柴胡 半斤 黃芩 三兩 芍藥 三兩 半夏(洗)半升 生薑(切)五兩 枳實(炙)四枚 大棗(擘)十二枚

右七味,以水一斗二升,煮取六升,去滓,再煎,溫服一升,日三服。

一方加大黃二兩,若不加,恐不爲大柴胡湯。

《金匱要略》

柴胡(半斤)黃芩(三兩)芍藥(三兩)半夏(半升,洗) 枳實(四枚,炙)大黃(二兩)大棗(十二枚)生薑(五兩)
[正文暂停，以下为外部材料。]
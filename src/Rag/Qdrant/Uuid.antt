-- ===== src/Rag/Qdrant/Uuid.antt =====
-- The form of a generated UUID.
use langchain_cpp.Base.{
  ℕ, suc, ◌+◌, ◌/◌, ◌%◌, ◌<◌, ◌≡◌, refl, ◌∙◌, Bool, true, false, ◌&&◌, ◌||◌, List, [], ◌∷◌, ◌++◌,
  ◌==◌, leb, if◌then◌else◌, All, length, arith, Bool-cases, inl, inr, ap, sym,
}
use langchain_cpp.Base.Text.{Text, codes}
use langchain_cpp.Rag.Similarity.{iota}
use langchain_cpp.Rag.Qdrant.{hex_digit, hex_byte, hex_bytes, set_version, generate_uuid_v4}

-- a digit or one of a to f
abbrev pub is_hex : ℕ → Bool
is_hex c = leb b'0' c && leb c b'9' || leb b'a' c && leb c b'f'

-- RFC 4122: in the pattern, x is any hexadecimal digit, y is 8, 9, a or b, and any other is itself.
abbrev pub fits : ℕ → ℕ → Bool
fits p c =
    if p == b'x'
    then is_hex c
    else if p == b'y'
    then c == b'8' || c == b'9' || c == b'a' || c == b'b'
    else p == c

abbrev pub matches : Text → Text → Bool
matches [] [] = true
matches (p ∷ ps) (c ∷ cs) = fits p c && matches ps cs
matches _ _ = false

hex_digit-is_hex : (d : ℕ) → d < 16 → is_hex (hex_digit d) ≡ true
hex_digit-is_hex d h = ground (arith, h)

byte_fits :
    (b : ℕ) (ps s : Text)
    → b < 256
    → matches ps s ≡ true
    → matches (b'x' ∷ b'x' ∷ ps) (hex_byte b ++ s) ≡ true
unfolding hex_byte
byte_fits b ps s h m =
    rw (hex_digit-is_hex (b / 16) (omega (arith, h)), hex_digit-is_hex (b % 16) (omega (arith)), m)
      refl

version_fits :
    (b : ℕ) (ps s : Text)
    → matches ps s ≡ true
    → matches (b'4' ∷ b'x' ∷ ps) (hex_byte (b % 16 + 64) ++ s) ≡ true
unfolding hex_byte
version_fits b ps s m =
    let high : (b % 16 + 64) / 16 ≡ 4 = omega arith in
    rw (high, hex_digit-is_hex ((b % 16 + 64) % 16) (omega arith), m) refl

variant_digit : (d : ℕ) → d < 4 → fits b'y' (hex_digit (d + 8)) ≡ true
variant_digit d h = ground (arith, h)

variant_fits :
    (b : ℕ) (ps s : Text)
    → matches ps s ≡ true
    → matches (b'y' ∷ b'x' ∷ ps) (hex_byte (b % 64 + 128) ++ s) ≡ true
unfolding hex_byte
variant_fits b ps s m =
    let high : (b % 64 + 128) / 16 ≡ (b % 64) / 16 + 8 = omega arith in
    rw
      (
        high,
        variant_digit ((b % 64) / 16) (omega arith),
        hex_digit-is_hex ((b % 64 + 128) % 16) (omega arith),
        m,
      )
      refl

-- The pattern's part for the byte `i`, and what follows it.
abbrev pair_pattern : ℕ → Text → Text
pair_pattern i ps =
    if i == 6 then b'4' ∷ b'x' ∷ ps else if i == 8 then b'y' ∷ b'x' ∷ ps else b'x' ∷ b'x' ∷ ps

abbrev has_dash : ℕ → Bool
has_dash i = i == 4 || i == 6 || i == 8 || i == 10

abbrev with_dash : ℕ → Text → Text
with_dash i ps = if has_dash i then b'-' ∷ ps else ps

abbrev pattern_from : ℕ → List ℕ → Text
pattern_from i [] = []
pattern_from i (b ∷ bytes) = with_dash i (pair_pattern i (pattern_from (suc i) bytes))

dash_fits :
    (t : Bool) (ps cs : Text)
    → matches ps cs ≡ true
    → matches (if t then b'-' ∷ ps else ps) (if t then b'-' ∷ cs else cs) ≡ true
dash_fits true ps cs h = h
dash_fits false ps cs h = h

pair_fits :
    (i b : ℕ) (ps s : Text)
    → b < 256
    → matches ps s ≡ true
    → matches
        (pair_pattern i ps)
        (hex_byte (if i == 6 then b % 16 + 64 else if i == 8 then b % 64 + 128 else b) ++ s)
      ≡ true
pair_fits i b ps s h m = elim (Bool-cases (i == 6)) [
  | inl e ↦ rw e (version_fits b ps s m)
  | inr e ↦ elim (Bool-cases (i == 8)) [
    | inl d ↦ rw (e, d) (variant_fits b ps s m)
    | inr d ↦ rw (e, d) (byte_fits b ps s h m)
  ]
]

hex_bytes_fit :
    (i : ℕ) (bytes : List ℕ)
    → All (λ b. b < 256) bytes
    → matches (pattern_from i bytes) (hex_bytes i (set_version i bytes)) ≡ true
unfolding hex_bytes set_version
hex_bytes_fit i [] h = refl
hex_bytes_fit i (b ∷ bytes) h =
    let marked = if i == 6 then b % 16 + 64 else if i == 8 then b % 64 + 128 else b in
    dash_fits (has_dash i) (pair_pattern i (pattern_from (suc i) bytes))
      (hex_byte marked ++ hex_bytes (suc i) (set_version (suc i) bytes))
      (pair_fits i b (pattern_from (suc i) bytes) (hex_bytes (suc i) (set_version (suc i) bytes))
        h.0 (hex_bytes_fit (suc i) bytes h.1))

-- Only the number of the bytes matters to the pattern.
pattern_length :
    (i : ℕ) (xs ys : List ℕ) → length xs ≡ length ys → pattern_from i xs ≡ pattern_from i ys
pattern_length i [] [] e = refl
pattern_length i [] (y ∷ ys) e = ground arith
pattern_length i (x ∷ xs) [] e = ground arith
pattern_length i (x ∷ xs) (y ∷ ys) e =
    ap (λ ps. with_dash i (pair_pattern i ps)) (pattern_length (suc i) xs ys (omega (arith, e)))

-- Whatever sixteen bytes the engine gives, the id is a UUID of version 4 in the form of RFC 4122.
pub generate_uuid_v4-matches :
    (bytes : List ℕ)
    → All (λ b. b < 256) bytes
    → length bytes ≡ 16
    → matches (codes "xxxxxxxx-xxxx-4xxx-yxxx-xxxxxxxxxxxx") (generate_uuid_v4 bytes) ≡ true
unfolding generate_uuid_v4
generate_uuid_v4-matches bytes h e =
    ap (λ ps. matches ps (generate_uuid_v4 bytes)) (sym (pattern_length 0 bytes (iota 0 16) e))
    ∙ hex_bytes_fit 0 bytes h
上八味,以水一斗二升,煮取六升,去滓,再煎,溫服一升,日三服。

加減[編輯]

去柴胡,枳實,大黃,甘草,即黃芩加半夏生薑湯

方論[編輯]

《傷寒九十論》宋 許叔微

大黃為將軍,故蕩滌濕熱,在傷寒為要藥。今大柴胡湯不用,誠誤也。王叔和曰「若不加大黃,恐不名大柴胡。」須酒洗生用,乃有力。昔後周姚僧坦,名善醫,上因發熱,欲服大黃,僧坦曰:「大黃乃是快藥,至尊年高,不宜輕用。」上弗從,服之遂不起。及至元帝有疾,著醫者為至尊至貴,不可輕服,宜用平藥。僧坦曰:「脈洪而實,必有宿食,不用大黃,病不能除。」上從之,果下宿食而愈。此明合用與不合用之異也。

比較[編輯]

《中醫臨證處方入門》龍野 一雄
處方 心下部 腹直肌 自覺症狀 參考
大柴胡湯 心下急 緊滿感 便秘
柴胡桂枝湯 浮細或弦 心下支結 緊張感
四逆散 拘攣 緊張感
柴胡桂枝乾薑湯 弦細或弱 微結 鈍重感 口渴,腹動

主治[編輯]

《方極》

小柴胡湯證而腹滿拘攣,嘔劇者。可下者。

《類聚方廣義》

小柴胡湯證,曰喜嘔,曰乾嘔,曰嘔,其用生薑也,三兩。此方證,曰嘔不止,曰嘔吐,其用生薑也,五兩。隨嘔之劇易,生薑亦有多少也。

治麻疹,胸脇苦滿,心下硬塞,嘔吐,腹滿痛,脈沉者。

治狂證,胸脇苦滿,心下硬塞,腹拘攣,膻中動甚者,加鐵粉,有奇效。

心下急,拘急也,鬱鬱,默默加劇也。

平日心思鬱塞,胸滿少食,大便二三日或四五日一行,心下時時作痛,吐宿水者,其人多脇肋妨張,肩項強急,臍傍大筋堅韌,上入胸肋,下入小腹,或痛或不痛,按之必攣痛,或兼吞酸嘈雜等證者,俗稱疝積留飲痛,宜長服此方,當隔四五日,十日,用大陷胸湯十棗湯等攻之。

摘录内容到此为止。